→ **DATA FOR ANALYSIS**
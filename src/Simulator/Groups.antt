-- ===== src/Simulator/Groups.antt =====
-- The groups of `metrics` in crates/mirror-pool-simulator/src/lib.rs: one for each fingerprint, with
-- the number of the observations that have it.
use mathlib.Core.List.{Memᴰ}
use mirror_pool.Prelude.{
  ℕ, suc, ltb, ◌+◌, ◌≤◌, ◌<◌, ◌≡◌, ◌⊎◌, inl, inr, true, false, List, [], ◌∷◌, Bytes, bytes_eq,
  bytes_lt, bytes_eq_iff, bytes_eq_refl, bytes_lt_trans, bytes_lt_irrefl, bytes_lt_total,
  if◌then◌else◌, Bool-cases, refl, sym, ap, ◌∙◌, arith,
}
use mirror_pool.Simulator.Defs.{Observation}
use mirror_pool.Simulator.Counting.{count_one, group, values, min_or}

-- The keys lie above a key.
abbrev Above : Bytes → List (Bytes × ℕ) → Type 0
Above key [] = Unit
Above key ((k, n) ∷ rest) = (bytes_lt key k ≡ true) × Above key rest

-- The keys ascend, and no count is zero.
abbrev IsTable : List (Bytes × ℕ) → Type 0
IsTable [] = Unit
IsTable ((k, n) ∷ rest) = (0 < n) × Above k rest × IsTable rest

-- The count of a key, 0 if it has none.
abbrev find : Bytes → List (Bytes × ℕ) → ℕ
find key [] = 0
find key ((k, n) ∷ rest) = if bytes_eq key k then n else find key rest

Above-trans : (j k : Bytes) (g : List (Bytes × ℕ)) → bytes_lt j k ≡ true → Above k g → Above j g
Above-trans j k [] lt a = tt
Above-trans j k ((i, n) ∷ rest) lt a = (bytes_lt_trans j k i lt a.0, Above-trans j k rest lt a.1)

bytes_eq-lt : (j k : Bytes) → bytes_lt j k ≡ true → bytes_eq j k ≡ false
bytes_eq-lt j k lt = elim (Bool-cases (bytes_eq j k)) [
  | inl same ↦
      let e : j ≡ k = (bytes_eq_iff j k).0 same in
      let bad : bytes_lt k k ≡ true = rw e at lt in absurd (ground (arith, bytes_lt_irrefl k))
  | inr other ↦ other
]

find-Above : (key : Bytes) (g : List (Bytes × ℕ)) → Above key g → find key g ≡ 0
find-Above key [] a = refl
find-Above key ((k, n) ∷ rest) a = rw (bytes_eq-lt key k a.0) (find-Above key rest a.1)

count_one-Above :
    (j key : Bytes) (g : List (Bytes × ℕ))
    → bytes_lt j key ≡ true
    → Above j g
    → Above j (count_one key g)
unfolding count_one
count_one-Above j key [] lt a = (lt, tt)
count_one-Above j key ((k, n) ∷ rest) lt a = ground (arith, count_one-Above j key rest)

count_one-IsTable : (key : Bytes) (g : List (Bytes × ℕ)) → IsTable g → IsTable (count_one key g)
unfolding count_one
count_one-IsTable key [] t = (omega arith, tt, tt)
count_one-IsTable key ((k, n) ∷ rest) t = elim (Bool-cases (bytes_lt key k)) [
  | inl below ↦ rw below (omega arith, (below, Above-trans key k rest below t.1), t)
  | inr above ↦ elim (Bool-cases (bytes_eq key k)) [
    | inl same ↦ rw (above, same) (omega arith, t.1, t.2)
    | inr other ↦
        rw (above, other)
          (t.0, count_one-Above k key rest (ne-lt above other) t.1, count_one-IsTable key rest t.2)
  ]
]
  where
    ne-lt : bytes_lt key k ≡ false → bytes_eq key k ≡ false → bytes_lt k key ≡ true
    ne-lt above other = elim (Bool-cases (bytes_lt k key)) [
      | inl below ↦ below
      | inr both ↦ ground (arith, bytes_lt_total key k above both, bytes_eq_iff key k)
    ]

find-count_one :
    (j key : Bytes) (g : List (Bytes × ℕ))
    → IsTable g
    → find j (count_one key g) ≡ (if bytes_eq j key then suc (find key g) else find j g)
unfolding count_one
find-count_one j key [] t = refl
find-count_one j key ((k, n) ∷ rest) t = elim (Bool-cases (bytes_lt key k)) [
  | inl below ↦
      let none_later = find-Above key rest (Above-trans key k rest below t.1) in
      rw (below, bytes_eq-lt key k below, none_later) refl
  | inr above ↦ ground (
    arith,
    bytes_eq_iff j key,
    bytes_eq_iff j k,
    bytes_eq_iff key k,
    find-count_one j key rest t.2,
  )
]

module _ {F : Type 0} where
  -- How many observations have a fingerprint.
  unfoldable pub share : Bytes → List (Observation F) → ℕ
  share key [] = 0
  share key (o ∷ os) = if bytes_eq key o.fingerprint then suc (share key os) else share key os

  group-IsTable :
      (g : List (Bytes × ℕ)) (os : List (Observation F)) → IsTable g → IsTable (group g os)
  unfolding group
  group-IsTable g [] t = t
  group-IsTable g (o ∷ os) t =
      group-IsTable (count_one o.fingerprint g) os (count_one-IsTable o.fingerprint g t)

  find-group :
      (j : Bytes) (g : List (Bytes × ℕ)) (os : List (Observation F))
      → IsTable g
      → find j (group g os) ≡ find j g + share j os
  unfolding group share
  find-group j g [] t = omega arith
  find-group j g (o ∷ os) t = ground (
    arith,
    bytes_eq_iff j o.fingerprint,
    find-count_one j o.fingerprint g t,
    find-group j (count_one o.fingerprint g) os (count_one-IsTable o.fingerprint g t),
  )

  share-mem :
      (o : Observation F) (os : List (Observation F)) → Memᴰ o os → 0 < share o.fingerprint os
  unfolding share
  share-mem o [] m = elim m [ ]
  share-mem o (x ∷ os) (Memᴰ.head e) =
      rw
        (ap (λ (z : Observation F). bytes_eq o.fingerprint z.fingerprint) (sym e)
          ∙ bytes_eq_refl o.fingerprint)
        (omega arith)
  share-mem o (x ∷ os) (Memᴰ.tail m) = ground (arith, share-mem o os m)

  -- A fingerprint that is shared is the fingerprint of an observation.
  mem-share :
      (key : Bytes) (os : List (Observation F))
      → 0 < share key os
      → (o : Observation F) × Memᴰ o os × (o.fingerprint ≡ key)
  unfolding share
  mem-share key [] h = absurd (omega arith)
  mem-share key (x ∷ os) h = elim (Bool-cases (bytes_eq key x.fingerprint)) [
    | inl same ↦ (x, Memᴰ.head refl, sym ((bytes_eq_iff key x.fingerprint).0 same))
    | inr other ↦ let (o, m, e) = mem-share key os (rw other at h) in (o, Memᴰ.tail m, e)
  ]

min_or-le : (j : Bytes) (g : List (Bytes × ℕ)) → 0 < find j g → min_or 0 (values g) ≤ find j g
unfolding min_or
min_or-le j [] h = absurd (omega arith)
min_or-le j ((k, n) ∷ []) h = ground arith
min_or-le j ((k, n) ∷ (i, m) ∷ rest) h = ground (arith, min_or-le j ((i, m) ∷ rest))

-- The minimum is the count of a key.
min_or-find :
    (k : Bytes) (n : ℕ) (rest : List (Bytes × ℕ))
    → IsTable ((k, n) ∷ rest)
    → (j : Bytes) × (find j ((k, n) ∷ rest) ≡ min_or 0 (n ∷ values rest))
      × (0 < min_or 0 (n ∷ values rest))
unfolding min_or
min_or-find k n [] t = (k, rw (bytes_eq_refl k) refl, t.0)
min_or-find k n ((i, m) ∷ rest) t =
    let (j, found, positive) = min_or-find i m rest t.2 in
    elim (Bool-cases (ltb (min_or 0 (m ∷ values rest)) n)) [
      | inl smaller ↦
          let other : bytes_eq j k ≡ false = ground (
            arith,
            found,
            positive,
            bytes_eq_iff j k,
            ap (λ (x : Bytes). find x ((i, m) ∷ rest)) ((bytes_eq_iff j k).0 _),
            find-Above k ((i, m) ∷ rest) t.1,
          ) in
          (j, rw (smaller, other) found, rw smaller positive)
      | inr larger ↦ (k, rw (larger, bytes_eq_refl k) refl, rw larger t.0)
    ]

module _ {F : Type 0} where
  -- What `minimum_k_anonymity` is to be: the size of the smallest class of observations that share
  -- a fingerprint.
  pub record IsMinimum (k : ℕ) (os : List (Observation F)) : Type 0 where
    pub least : (o : Observation F) → Memᴰ o os → k ≤ share o.fingerprint os
    pub attained :
        ((os ≡ []) × (k ≡ 0)) ⊎ ((o : Observation F) × Memᴰ o os × (share o.fingerprint os ≡ k))

  find-share : (j : Bytes) (os : List (Observation F)) → find j (group [] os) ≡ share j os
  find-share j os = omega (arith, find-group j [] os tt)

  attained-by :
      (g : List (Bytes × ℕ)) (os : List (Observation F))
      → IsTable g
      → ((j : Bytes) → find j g ≡ share j os)
      → ((os ≡ []) × (min_or 0 (values g) ≡ 0))
        ⊎ ((o : Observation F) × Memᴰ o os × (share o.fingerprint os ≡ min_or 0 (values g)))
  unfolding min_or
  attained-by [] [] t shares = inl (refl, refl)
  attained-by [] (o ∷ os) t shares =
      absurd (omega (arith, shares o.fingerprint, share-mem o (o ∷ os) (Memᴰ.head refl)))
  attained-by ((k, n) ∷ rest) os t shares =
      let (j, found, positive) = min_or-find k n rest t in
      let (o, m, e) = mem-share j os (omega (arith, shares j, found, positive)) in
      inr (o, m, ap (λ key. share key os) e ∙ sym (shares j) ∙ found)

  pub min_or-IsMinimum :
      (os : List (Observation F)) → IsMinimum (min_or 0 (values (group [] os))) os
  min_or-IsMinimum os = record {
    least = λ o m.
        let shared = find-share o.fingerprint os in
        rw shared at (min_or-le o.fingerprint (group [] os) (rw shared (share-mem o os m)));
    attained = attained-by (group [] os) os (group-IsTable [] os tt) (λ j. find-share j os);
  }
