-- ===== src/Simulator/Observations.antt =====
-- The observations that `evaluate` of crates/mirror-pool-simulator/src/lib.rs makes: what each is like,
-- and that none is missed by a panic.
use mathlib.Core.Path.{subst}
use mirror_pool.Prelude.{
  ok-injective, ℕ, zero, suc, ◌+◌, ◌≤◌, ◌<◌, ◌≡◌, true, List, [], ◌∷◌, some, ok, refl, ◌∙◌, arith,
  length, All, supplied, >>=-eq-ok, >>=-ok, >>=-some, u64_mod, Bool,
}
use mirror_pool.Simulator.Defs.{
  ReleaseStrategy, fixed_slot, narrow_window, randomized_within_window, latency_aware, Float64, Rng,
  Scenario, Observation, invalid_probability, target_slot, min, slot_within, release_of, observe,
  observe_all,
}

-- How far after the target slot a strategy may release.
abbrev pub reach : ReleaseStrategy → ℕ → ℕ
reach fixed_slot window = 0
reach narrow_window window = min window 3
reach randomized_within_window window = window
reach latency_aware window = min window 2

-- An observation whose slot lies where the strategy may release.
abbrev pub IsTimely : {F : Type 0} → Scenario F → Observation F → Type 0
IsTimely s o =
    (target_slot ≤ o.slot)
    × (o.slot ≤ target_slot + reach s.release_strategy s.execution_window_slots)

-- The observations are those of the participants from a number on, in their order.
abbrev pub Numbered : {F : Type 0} → ℕ → List (Observation F) → Type 0
Numbered n [] = Unit
Numbered n (o ∷ os) = (o.participant ≡ n) × Numbered (n + 1) os

-- The generator keeps to the range that it is asked for, and takes every probability below one.
pub record IsRng {F R : Type 0} (f64 : Float64 F) (rng : Rng F R) : Type 0 where
  pub in_range : (r : R) (n : ℕ) → (rng.gen_range r n).0 ≤ n
  pub probability :
      (r : R) (p : F)
      → f64.at_most (f64.literal 0 0) p ≡ true
      → f64.below p (f64.literal 1 0) ≡ true
      → (b : Bool) × (r' : R) × (rng.gen_bool r p ≡ some (b, r'))

module _ {F R : Type 0} (f64 : Float64 F) (rng : Rng F R) (law : IsRng f64 rng) where
  slot_within-ok :
      (spread : ℕ) (r : R) {slot : ℕ} {r' : R}
      → slot_within f64 rng spread r ≡ ok (slot, r')
      → (target_slot ≤ slot) × (slot ≤ target_slot + spread)
  unfolding slot_within
  slot_within-ok spread r h = ground (arith, law.in_range r spread)

  release_of-ok :
      (s : ReleaseStrategy) (window : ℕ) (r : R) {slot : ℕ} {r' : R}
      → release_of f64 rng s window r ≡ ok (slot, r')
      → (target_slot ≤ slot) × (slot ≤ target_slot + reach s window)
  unfolding release_of
  release_of-ok fixed_slot window r h = ground arith
  release_of-ok narrow_window window r h = slot_within-ok (min window 3) r h
  release_of-ok randomized_within_window window r h = slot_within-ok window r h
  release_of-ok latency_aware window r h = slot_within-ok (min window 2) r h

  slot_within_total :
      (spread : ℕ) (r : R)
      → target_slot + spread < u64_mod
      → (slot : ℕ) × (r' : R) × (slot_within f64 rng spread r ≡ ok (slot, r'))
  unfolding slot_within
  slot_within_total spread r fits = (
    target_slot + (rng.gen_range r spread).0,
    (rng.gen_range r spread).1,
    ground (arith, law.in_range r spread),
  )

  release_of_total :
      (s : ReleaseStrategy) (window : ℕ) (r : R)
      → target_slot + reach s window < u64_mod
      → (slot : ℕ) × (r' : R) × (release_of f64 rng s window r ≡ ok (slot, r'))
  unfolding release_of
  release_of_total fixed_slot window r fits = (target_slot, r, refl)
  release_of_total narrow_window window r fits = slot_within_total (min window 3) r fits
  release_of_total randomized_within_window window r fits = slot_within_total window r fits
  release_of_total latency_aware window r fits = slot_within_total (min window 2) r fits

  observe-ok :
      (s : Scenario F) (participant : ℕ) (r : R) {o : Observation F} {r' : R}
      → observe f64 rng s participant r ≡ ok (o, r')
      → IsTimely s o × (o.participant ≡ participant)
  unfolding observe
  observe-ok s participant r {o} {r'} h =
      let ((dropped, r₁), _, h₁) =
        supplied (rng.gen_bool r s.dropout_rate) invalid_probability _ h in
      let ((slot, r₂), released, h₂) =
        >>=-eq-ok (release_of f64 rng s.release_strategy s.execution_window_slots r₁) _ h₁ in
      ground (arith, release_of-ok s.release_strategy s.execution_window_slots r₁ released)

  pub observe_all-IsTimely :
      (s : Scenario F) (left participant : ℕ) (r : R) {os : List (Observation F)}
      → observe_all f64 rng s left participant r ≡ ok os
      → All (IsTimely s) os × (length os ≡ left)
  unfolding observe_all
  observe_all-IsTimely s zero participant r h = ground arith
  observe_all-IsTimely s (suc left) participant r {os} h =
      let ((o, r'), seen, h₁) = >>=-eq-ok (observe f64 rng s participant r) _ h in
      let (rest, others, h₂) = >>=-eq-ok (observe_all f64 rng s left (participant + 1) r') _ h₁ in
      let (timely, n) = observe_all-IsTimely s left (participant + 1) r' others in
      ground (arith, observe-ok s participant r seen, timely, n)

  pub observe_all-Numbered :
      (s : Scenario F) (left participant : ℕ) (r : R) {os : List (Observation F)}
      → observe_all f64 rng s left participant r ≡ ok os
      → Numbered participant os
  unfolding observe_all
  observe_all-Numbered s zero participant r h =
      subst (λ os. Numbered participant os) (ok-injective h) tt
  observe_all-Numbered s (suc left) participant r {os} h =
      let ((o, r'), seen, h₁) = >>=-eq-ok (observe f64 rng s participant r) _ h in
      let (rest, others, h₂) = >>=-eq-ok (observe_all f64 rng s left (participant + 1) r') _ h₁ in
      subst (λ os. Numbered participant os) (ok-injective h₂)
        (
          (observe-ok s participant r seen).1,
          observe_all-Numbered s left (participant + 1) r' others,
        )

  observe_total :
      (s : Scenario F) (participant : ℕ) (r : R)
      → f64.at_most (f64.literal 0 0) s.dropout_rate ≡ true
      → f64.below s.dropout_rate (f64.literal 1 0) ≡ true
      → target_slot + reach s.release_strategy s.execution_window_slots < u64_mod
      → (o : Observation F) × (r' : R) × (observe f64 rng s participant r ≡ ok (o, r'))
  unfolding observe
  observe_total s participant r low high fits =
      let (dropped, r₁, drawn) = law.probability r s.dropout_rate low high in
      let (slot, r₂, released) =
        release_of_total s.release_strategy s.execution_window_slots r₁ fits in
      (_, _, >>=-some drawn invalid_probability _ ∙ >>=-ok released _)

  pub observe_all_total :
      (s : Scenario F) (left participant : ℕ) (r : R)
      → f64.at_most (f64.literal 0 0) s.dropout_rate ≡ true
      → f64.below s.dropout_rate (f64.literal 1 0) ≡ true
      → target_slot + reach s.release_strategy s.execution_window_slots < u64_mod
      → (os : List (Observation F)) × (observe_all f64 rng s left participant r ≡ ok os)
  unfolding observe_all
  observe_all_total s zero participant r low high fits = ([], refl)
  observe_all_total s (suc left) participant r low high fits =
      let (o, r', seen) = observe_total s participant r low high fits in
      let (rest, others) = observe_all_total s left (participant + 1) r' low high fits in
      (o ∷ rest, rw (seen, others) refl)
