-- ===== src/Simulator/Evaluation.antt =====
-- `metrics` and `evaluate` of crates/mirror-pool-simulator/src/lib.rs: what a report says of the
-- observations, and that there is one.
use mathlib.Core.List.{Memᴰ}
use mathlib.Core.Path.{subst}
use mirror_pool.Prelude.{
  ℕ, zero, suc, ◌+◌, ◌-◌, ◌≤◌, ◌<◌, ◌≡◌, inl, inr, List, [], ◌∷◌, some, ok, refl, ap, ◌∙◌, arith,
  length, All, >>=-eq-ok, >>=-ok, >>=-some, ok-injective, u32_mod, get_elem?, Bool-cases,
}
use mirror_pool.Simulator.Defs.{Float64, Observation, out_of_bounds, target_slot}
use mirror_pool.Simulator.Counting.{
  insert_slot, sort_slots, max_or, min_or, saturating_u32, only_executed, slots, deviations,
  spread_of,
}
use mirror_pool.Simulator.Metrics.{EvaluationMetrics, percentile, metrics}
use mirror_pool.Simulator.Groups.{IsMinimum, min_or-IsMinimum}

get_elem?-some {ℓ} :
    {A : Type ℓ} (xs : List A) (i : ℕ) → i < length xs → (a : A) × (get_elem? xs i ≡ some a)
get_elem?-some [] i h = absurd (omega arith)
get_elem?-some (x ∷ xs) zero h = (x, refl)
get_elem?-some (x ∷ xs) (suc i) h = get_elem?-some xs i (omega arith)

length-insert_slot : (n : ℕ) (ms : List ℕ) → length (insert_slot n ms) ≡ suc (length ms)
length-insert_slot n [] = refl
length-insert_slot n (m ∷ ms) = ground (arith, length-insert_slot n ms)

length-sort_slots : (ns : List ℕ) → length (sort_slots ns) ≡ length ns
unfolding sort_slots
length-sort_slots [] = refl
length-sort_slots (n ∷ ns) =
    omega (arith, length-insert_slot n (sort_slots ns), length-sort_slots ns)

module _ {F : Type 0} where
  length-deviations :
      (target : ℕ) (os : List (Observation F)) → length (deviations target os) ≡ length os
  length-deviations target [] = refl
  length-deviations target (o ∷ os) = ap suc (length-deviations target os)

  pub length-only_executed : (os : List (Observation F)) → length (only_executed os) ≤ length os
  unfolding only_executed
  length-only_executed [] = omega arith
  length-only_executed (o ∷ os) = ground (arith, length-only_executed os)

  pub All-only_executed :
      (P : Observation F → Type 0) (os : List (Observation F)) → All P os → All P (only_executed os)
  unfolding only_executed
  All-only_executed P [] a = tt
  All-only_executed P (o ∷ os) a = elim (Bool-cases o.executed) [
    | inl ran ↦ simp ran (a.0, All-only_executed P os a.1)
    | inr out ↦ simp out (All-only_executed P os a.1)
  ]

  le-max_or :
      (d : ℕ) (o : Observation F) (os : List (Observation F))
      → Memᴰ o os
      → o.slot ≤ max_or d (slots os)
  unfolding max_or
  le-max_or d o [] m = elim m [ ]
  le-max_or d o (x ∷ []) (Memᴰ.head e) = rw e (omega arith)
  le-max_or d o (x ∷ []) (Memᴰ.tail m) = elim m [ ]
  le-max_or d o (x ∷ y ∷ os) (Memᴰ.head e) = rw e (ground arith)
  le-max_or d o (x ∷ y ∷ os) (Memᴰ.tail m) = ground (arith, le-max_or d o (y ∷ os) m)

  min_or-le-slot :
      (d : ℕ) (o : Observation F) (os : List (Observation F))
      → Memᴰ o os
      → min_or d (slots os) ≤ o.slot
  unfolding min_or
  min_or-le-slot d o [] m = elim m [ ]
  min_or-le-slot d o (x ∷ []) (Memᴰ.head e) = rw e (omega arith)
  min_or-le-slot d o (x ∷ []) (Memᴰ.tail m) = elim m [ ]
  min_or-le-slot d o (x ∷ y ∷ os) (Memᴰ.head e) = rw e (ground arith)
  min_or-le-slot d o (x ∷ y ∷ os) (Memᴰ.tail m) = ground (arith, min_or-le-slot d o (y ∷ os) m)

  max_or_bounds :
      (low high d : ℕ) (os : List (Observation F))
      → low ≤ d
      → d ≤ high
      → All (λ (o : Observation F). (low ≤ o.slot) × (o.slot ≤ high)) os
      → (max_or d (slots os) ≤ high) × (low ≤ min_or d (slots os))
  unfolding max_or min_or
  max_or_bounds low high d [] p q a = (q, p)
  max_or_bounds low high d (x ∷ []) p q a = (a.0.1, a.0.0)
  max_or_bounds low high d (x ∷ y ∷ os) p q a =
      ground (arith, max_or_bounds low high d (y ∷ os) p q a.1)

  -- The spread is that of the slots: no two of them are further apart.
  pub spread_of-le :
      (d : ℕ) (o o' : Observation F) (os : List (Observation F))
      → Memᴰ o os
      → Memᴰ o' os
      → o.slot ≤ o'.slot + spread_of d os
  unfolding spread_of
  spread_of-le d o o' os m m' = omega (arith, le-max_or d o os m, min_or-le-slot d o' os m')

  pub spread_of_bounds :
      (spread d : ℕ) (os : List (Observation F))
      → All (λ (o : Observation F). (d ≤ o.slot) × (o.slot ≤ d + spread)) os
      → spread_of d os ≤ spread
  unfolding spread_of
  spread_of_bounds spread d os a =
      let (high, low) = max_or_bounds d (d + spread) d os (omega arith) (omega arith) a in
      omega arith

-- Rounding keeps the index of a percentile of fewer than 2 ^ 32 values within them.
pub record IsIndexing {F : Type 0} (f64 : Float64 F) : Type 0 where
  pub median :
      (n : ℕ)
      → n < u32_mod
      → f64.as_usize (f64.round (f64.times (f64.from_unsigned n) (f64.literal 5 1))) ≤ n
  pub p95 :
      (n : ℕ)
      → n < u32_mod
      → f64.as_usize (f64.round (f64.times (f64.from_unsigned n) (f64.literal 95 2))) ≤ n

module _ {F : Type 0} (f64 : Float64 F) where
  percentile_total :
      (sorted : List ℕ) (fraction : F)
      → f64.as_usize (f64.round (f64.times (f64.from_unsigned (length sorted - 1)) fraction))
        ≤ length sorted - 1
      → (d : F) × (percentile f64 sorted fraction ≡ ok d)
  unfolding percentile
  percentile_total [] fraction within = (f64.literal 0 0, refl)
  percentile_total (n ∷ ns) fraction within =
      let (d, got) =
        get_elem?-some (n ∷ ns)
          (f64.as_usize (f64.round (f64.times (f64.from_unsigned (length (n ∷ ns) - 1)) fraction)))
          (omega arith) in
      (f64.from_unsigned d, >>=-some got out_of_bounds _)

  pub metrics_total :
      IsIndexing f64
      → (obs : List (Observation F)) (announced target : ℕ) → length obs < u32_mod
      → (m : EvaluationMetrics F) × (metrics f64 obs announced target ≡ ok m)
  unfolding metrics
  metrics_total law obs announced target small =
      let sorted = sort_slots (deviations target (only_executed obs)) in
      let n : length sorted ≤ length obs = omega (
        arith,
        length-sort_slots (deviations target (only_executed obs)),
        length-deviations target (only_executed obs),
        length-only_executed obs,
      ) in
      let (median, e) =
        percentile_total sorted (f64.literal 5 1) (law.median (length sorted - 1) (omega arith)) in
      let (p95, e') =
        percentile_total sorted (f64.literal 95 2) (law.p95 (length sorted - 1) (omega arith)) in
      (_, >>=-ok e _ ∙ >>=-ok e' _)

  -- What the metrics say that numbers can say of the observations that were executed.
  pub record Measures (m : EvaluationMetrics F) (executed : List (Observation F)) : Type 0 where
    pub observed : m.observed_cohort_size ≡ saturating_u32 (length executed)
    pub smallest : IsMinimum m.minimum_k_anonymity executed
    pub spread : m.execution_spread_slots ≡ spread_of target_slot executed

  pub metrics-Measures :
      (obs : List (Observation F)) (announced : ℕ) {m : EvaluationMetrics F}
      → metrics f64 obs announced target_slot ≡ ok m
      → Measures m (only_executed obs) × (m.announced_cohort_size ≡ announced)
  unfolding metrics
  metrics-Measures obs announced {m} h =
      let executed = only_executed obs in
      let sorted = sort_slots (deviations target_slot executed) in
      let (median, _, h₁) = >>=-eq-ok (percentile f64 sorted (f64.literal 5 1)) _ h in
      let (p95, _, h₂) = >>=-eq-ok (percentile f64 sorted (f64.literal 95 2)) _ h₁ in
      subst
        (λ (m : EvaluationMetrics F). Measures m executed × (m.announced_cohort_size ≡ announced))
        (ok-injective h₂)
        (record { observed = refl; smallest = min_or-IsMinimum executed; spread = refl }, refl)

→ **WHAT NEEDS TO BE DONE**
Each line that contains "smaller" is to be copied from the listing above.

→ **EXERCISE RESULT**
      | inl smaller ↦
          (j, rw (smaller, other) found, rw smaller positive)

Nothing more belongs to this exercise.